## WORK REQUIRED
Here is a block of entries. Write out its lines exactly, from the first through the one containing "pub mod Reached".

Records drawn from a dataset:
•••••
-- ===== src/Chat/Races.antt =====
-- The histories of the chat workspace in frontend/components/admin/chat-workspace.tsx: questions for
-- conversations that are still open, and a run that is going, with every answer in any order.
pub mod Kept
pub mod Loads
pub mod Turns
pub mod Reached
use gx_notion2api.Prelude.{
  ℕ, ◌+◌, ◌≤◌, ◌≡◌, Bool, true, false, not, Option, none, some, List, [], ◌∷◌, Text, All, keep,
  nat_eq, if◌then◌else◌,
}
use gx_notion2api.Types.Models.{ModelItem}
use gx_notion2api.Types.Conversations.{ConversationDetail}
use gx_notion2api.Types.Chat.{AttachmentInput, ChatRunInput, ChatRunResult}
use gx_notion2api.Chat.Targets.{ChatTarget}
use gx_notion2api.Chat.State.{
  ChatState, is_held, reset_conversation, stop, unmount_chat, sync_active,
}
use gx_notion2api.Chat.Opening.{LoadAnswer, open_conversation, conversation_came}
use gx_notion2api.Chat.Running.{
  Run, start_run, files_read, delta_came, result_came, reload_came, run_failed, recovery_came,
  id_or,
}

-- Where the run of the page stands: the reading of its files, its stream, the reload of the
-- conversation it wrote, or the reload after a failure
pub data Stage : Type 0 where
  idle : Stage
  reading : Run → Stage
  streaming : Run → Stage
  reloading : Text → Stage
  recovering : Run → Stage

-- `asked` are the questions of `openConversation` without an answer yet, each with its revision.
pub record System : Type 0 where
  pub chat : ChatState
  pub stage : Stage
  pub asked : List (ℕ × Text)

abbrev pub asked_with : Option ℕ → Text → List (ℕ × Text) → List (ℕ × Text)
asked_with none id asked = asked
asked_with (some revision) id asked = (revision, id) ∷ asked

abbrev pub is_other : ℕ → ℕ × Text → Bool
is_other revision entry = not (nat_eq entry.0 revision)

abbrev pub answered : ℕ → List (ℕ × Text) → List (ℕ × Text)
answered revision asked = keep (is_other revision) asked

abbrev pub stage_of : Option Run → Stage → Stage
stage_of none stage = stage
stage_of (some run) stage = reading run

abbrev pub stream_of : Run → Option ChatRunInput → Stage
stream_of run none = idle
stream_of run (some input) = streaming run

-- The members of a list of questions
pub data IsAsked (revision : ℕ) (id : Text) : List (ℕ × Text) → Type 0 where
  newest : {asked : List (ℕ × Text)} → IsAsked revision id ((revision, id) ∷ asked)
  older :
      {asked : List (ℕ × Text)} {entry : ℕ × Text}
      → IsAsked revision id asked
      → IsAsked revision id (entry ∷ asked)

module _ (models : List ModelItem) (targets : List ChatTarget) where
  -- One step of the page. A step of the run needs a run at that stage, and an answer needs a
  -- question.
  pub data Step (s : System) : System → Type 0 where
    opens :
        (id draft : Text)
        → Step s (record {
          chat = (open_conversation id draft s.chat).0;
          stage = s.stage;
          asked = asked_with (open_conversation id draft s.chat).1 id s.asked;
        })
    comes :
        (revision : ℕ) (id draft : Text) (answer : LoadAnswer)
        → IsAsked revision id s.asked
        → Step s (record {
          chat = conversation_came models targets revision draft answer s.chat;
          stage = s.stage;
          asked = answered revision s.asked;
        })
    resets : (draft : Text) → Step s (record s { chat = reset_conversation targets draft s.chat })
    types : (draft : Text) → Step s (record s { chat = record s.chat { prompt = draft } })
    syncs : Step s (record s { chat = sync_active s.chat })
    stops : Step s (record s { chat = stop s.chat })
    leaves : Step s (record s { chat = unmount_chat s.chat })
    starts :
        (conversation answer : Text)
        → Step s (record {
          chat = (start_run targets conversation answer s.chat).0;
          stage = stage_of (start_run targets conversation answer s.chat).1 s.stage;
          asked = s.asked;
        })
    reads :
        (run : Run) (attachments : List AttachmentInput)
        → s.stage ≡ reading run
        → Step s (record {
          chat = (files_read run attachments s.chat).0;
          stage = stream_of run (files_read run attachments s.chat).1;
          asked = s.asked;
        })
    streams :
        (run : Run) (delta : Text)
        → s.stage ≡ streaming run
        → Step s (record s { chat = delta_came run delta s.chat })
    completes :
        (run : Run) (result : ChatRunResult)
        → s.stage ≡ streaming run
        → Step s (record {
          chat = (result_came run result s.chat).0;
          stage =
              if (result_came run result s.chat).1
              then reloading (id_or result.conversation_id run.id)
              else idle;
          asked = s.asked;
        })
    reloads :
        (id : Text) (item : Option ConversationDetail)
        → s.stage ≡ reloading id
        → Step s (record s { chat = reload_came item s.chat; stage = idle })
    fails :
        (run : Run) (cause : Option Text)
        → s.stage ≡ streaming run
        → Step s (record {
          chat = (run_failed run cause s.chat).0;
          stage = if (run_failed run cause s.chat).1 then recovering run else idle;
          asked = s.asked;
        })
    misreads :
        (run : Run) (cause : Option Text)
        → s.stage ≡ reading run
        → Step s (record {
          chat = (run_failed run cause s.chat).0;
          stage = if (run_failed run cause s.chat).1 then recovering run else idle;
          asked = s.asked;
        })
    recovers :
        (run : Run) (item : Option ConversationDetail)
        → s.stage ≡ recovering run
        → Step s (record s { chat = recovery_came run item s.chat; stage = idle })

  pub data Reach (s : System) : System → Type 0 where
    here : Reach s s
    next : {t u : System} → Reach s t → Step t u → Reach s u

-- A question of the current revision is loading its conversation, and no run is going.
abbrev pub IsPending : ChatState → ℕ × Text → Type 0
IsPending s (revision, id) =
    (revision ≤ s.load_revision)
    × (revision ≡ s.load_revision
        → (s.loading ≡ true) × (s.abort_ref ≡ none) × (s.conversation_id ≡ id))

-- The controller is held while a run is going, and a stream writes to the conversation on screen.
abbrev pub IsStaged : Stage → ChatState → Type 0
IsStaged idle s = s.abort_ref ≡ none
IsStaged (reading run) s = is_held s.abort_ref ≡ true
IsStaged (streaming run) s = (is_held s.abort_ref ≡ true) × (s.conversation_id ≡ run.id)
IsStaged (reloading id) s = (is_held s.abort_ref ≡ true) × (s.conversation_id ≡ id)
IsStaged (recovering run) s = is_held s.abort_ref ≡ true

pub record IsOrderly (s : System) : Type 0 where
  pub pending : All (IsPending s.chat) s.asked
  pub staged : IsStaged s.stage s.chat

abbrev pub idle_system : ChatState → System
idle_system chat = record { chat = chat; stage = idle; asked = [] }
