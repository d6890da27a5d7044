-- ===== src/Install/Strings/BaseName.antt =====
-- What base_name and str_ends of install-core.c compute.
use coreland_c_string.Base.{
  ℕ, zero, suc, ◌+◌, ◌-◌, ◌<◌, ◌≤◌, ◌≡◌, ◌≢◌, refl, ◌⊎◌, inl, inr, [], ◌∷◌, ◌++◌, some, Bytes,
  length, get_or, take, drop, replicate, length-append, length-replicate, get_or-append,
  get_or-replicate, take-append, drop-append, arith, le_suc-cases, ltb, if◌then◌else◌,
}
use coreland_c_string.Install.Header.{max_pathlen}
use coreland_c_string.Install.Strings.{slash, skip_slashes, skip_name, base_name}

abbrev pub NoSlash : Bytes → Type 0
NoSlash [] = Unit
NoSlash (c ∷ cs) = (c ≢ slash) × NoSlash cs

-- A directory part: nothing, or a text that ends in a slash.
pub data IsDirPart : Bytes → Type 0 where
  here : IsDirPart []
  below : (d : Bytes) → IsDirPart (d ++ (slash ∷ []))

get_or-ne-slash : (n : Bytes) (i : ℕ) → NoSlash n → get_or n i 0 ≢ slash
get_or-ne-slash [] i h = ground arith
get_or-ne-slash (c ∷ cs) zero h = h.0
get_or-ne-slash (c ∷ cs) (suc i) h = get_or-ne-slash cs i h.1

-- The first loop stops at the last byte that is no slash, or at the first byte.
skip_slashes-eq :
    (s : Bytes) (t m : ℕ)
    → m ≤ t
    → (m ≡ 0) ⊎ (get_or s m 0 ≢ slash)
    → ((i : ℕ) → m < i → i ≤ t → get_or s i 0 ≡ slash)
    → skip_slashes s t ≡ m
unfolding skip_slashes
skip_slashes-eq s zero m le stop all = omega arith
skip_slashes-eq s (suc t) m le stop all = elim (le_suc-cases m t le) [
  | inl before ↦ ground (
    arith,
    all (suc t) (omega arith) (omega arith),
    skip_slashes-eq s t m before stop (λ i lo hi. all i lo (omega arith)),
  )
  | inr last ↦ rw (← last) (ground arith)
]

-- The second loop stops behind the last slash, or at the first byte.
skip_name-eq :
    (s : Bytes) (t u : ℕ)
    → u ≤ t
    → (u ≡ 0) ⊎ (get_or s (u - 1) 0 ≡ slash)
    → ((i : ℕ) → u ≤ i → i < t → get_or s i 0 ≢ slash)
    → skip_name s t ≡ u
unfolding skip_name
skip_name-eq s zero u le stop all = omega arith
skip_name-eq s (suc t) u le stop all = elim (le_suc-cases u t le) [
  | inl before ↦ ground (
    arith,
    all t before (omega arith),
    skip_name-eq s t u before stop (λ i lo hi. all i lo (omega arith)),
  )
  | inr last ↦ rw last (ground arith)
]

-- The bytes of a path in three parts: a directory, a name and slashes.
module _ (d n : Bytes) (k : ℕ) where
  abbrev pub path : Bytes
  path = d ++ (n ++ replicate k slash)

  get_or-path :
      (i : ℕ)
      → get_or path i 0 ≡ (
          if ltb i (length d)
          then get_or d i 0
          else if ltb (i - length d) (length n)
          then get_or n (i - length d) 0
          else if ltb (i - length d - length n) k
          then slash
          else 0)
  get_or-path i = rw (
    get_or-append d (n ++ replicate k slash) i 0,
    get_or-append n (replicate k slash) (i - length d) 0,
    get_or-replicate k (i - length d - length n) slash 0,
  )

  length-path : length path ≡ length d + length n + k
  length-path = omega (
    arith,
    length-append {0} d (n ++ replicate k slash),
    length-append {0} n (replicate k slash),
    length-replicate {0} k slash,
  )

get_or-last : (d : Bytes) → IsDirPart d → (length d ≡ 0) ⊎ (get_or d (length d - 1) 0 ≡ slash)
get_or-last d here = inl refl
get_or-last d (below e) = inr (rw (length-append {0}, get_or-append) (ground arith))

module _ (d n : Bytes) (k : ℕ) (part : IsDirPart d) (clean : NoSlash n) (named : 0 < length n) where
  -- The place of the last byte of the name.
  abbrev last : ℕ
  last = length d + length n - 1

  last-ne-slash : get_or (path d n k) last 0 ≢ slash
  last-ne-slash = ground (arith, get_or-path d n k last, get_or-ne-slash n (last - length d) clean)

  skip_slashes-path : skip_slashes (path d n k) (length (path d n k) - 1) ≡ last
  skip_slashes-path =
      skip_slashes-eq (path d n k) (length (path d n k) - 1) last (omega (arith, length-path d n k))
        (inr last-ne-slash) (λ i lo hi. ground (arith, length-path d n k, get_or-path d n k i))

  skip_name-path : skip_name (path d n k) last ≡ length d
  skip_name-path =
      skip_name-eq (path d n k) last (length d) (omega arith)
        (ground (arith, get_or-last d part, get_or-path d n k (length d - 1)))
        (λ i lo hi. ground (arith, get_or-path d n k i, get_or-ne-slash n (i - length d) clean))

  taken : take (last - length d + 1) (drop (length d) (path d n k)) ≡ n
  taken =
      let whole : last - length d + 1 ≡ length n = omega arith in
      rw (whole, drop-append d (n ++ replicate k slash)) (take-append n (replicate k slash))

  -- For a path of fewer than 1024 bytes made of a directory part (nothing, or a text that ends in
  -- a slash), a name that is not empty and has no slash, and any number of slashes behind it,
  -- base_name returns the name.
  pub base_name-path : length (path d n k) < max_pathlen → base_name (path d n k) ≡ some n
  unfolding base_name
  base_name-path short =
      rw skip_slashes-path
        (rw skip_name-path (rw taken (ground (arith, last-ne-slash, length-path d n k))))

-- A path of one slash or more, and of fewer than 1024, has the base name "/".
base_name-slashes :
    (k : ℕ) → 0 < k → k < max_pathlen → base_name (replicate k slash) ≡ some (slash ∷ [])
unfolding base_name
base_name-slashes k pos short =
    let full : length (replicate k slash) ≡ k = length-replicate k slash in
    let stop : skip_slashes (replicate k slash) (length (replicate k slash) - 1) ≡ 0 =
      skip_slashes-eq _ _ 0 (omega arith) (inl refl)
        (λ i lo hi. ground (arith, get_or-replicate k i slash 0)) in
    rw stop (ground (arith, get_or-replicate k 0 slash 0))
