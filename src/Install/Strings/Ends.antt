-- ===== src/Install/Strings/Ends.antt =====
-- What str_ends of install-core.c decides.
use coreland_c_string.Base.{
  ℕ, ◌-◌, ◌≡◌, refl, sym, ap, ◌∙◌, ◌↔◌, true, ◌++◌, Bytes, length, take, drop, length-append,
  drop-append, take-append-drop, strcmp_eq, strcmp_eq_iff, arith, ltb, if◌then◌else◌,
}
use coreland_c_string.Install.Strings.{str_ends}

-- The place at which the comparison begins.
abbrev start : Bytes → Bytes → ℕ
start s end = length s - (if ltb (length s) (length end) then length s else length end)

str_ends-eq : (s end : Bytes) → str_ends s end ≡ strcmp_eq (drop (start s end) s) end
unfolding str_ends
str_ends-eq s end = refl

ends-start : (p end : Bytes) → start (p ++ end) end ≡ length p
ends-start p end = ground (arith, length-append {0} p end)

-- str_ends holds exactly when the text is some text followed by the ending.
pub str_ends_iff : (s end : Bytes) → (str_ends s end ≡ true) ↔ ((p : Bytes) × (s ≡ p ++ end))
str_ends_iff s end = (
  λ h. (
    take (start s end) s,
    let same : drop (start s end) s ≡ end =
          (strcmp_eq_iff (drop (start s end) s) end).0 (sym (str_ends-eq s end) ∙ h) in
        sym (take-append-drop (start s end) s) ∙ ap (λ r. take (start s end) s ++ r) same,
  ),
  λ (p, e). rw e (
      str_ends-eq (p ++ end) end
      ∙ rw (ends-start p end, drop-append p end) ((strcmp_eq_iff end end).1 refl)),
)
•••••
## RESPONSE AREA
-- ===== src/Chat/Races.antt =====
-- The histories of the chat workspace in frontend/components/admin/chat-workspace.tsx: questions for
-- conversations that are still open, and a run that is going, with every answer in any order.
pub mod Kept
pub mod Loads
pub mod Turns
pub mod Reached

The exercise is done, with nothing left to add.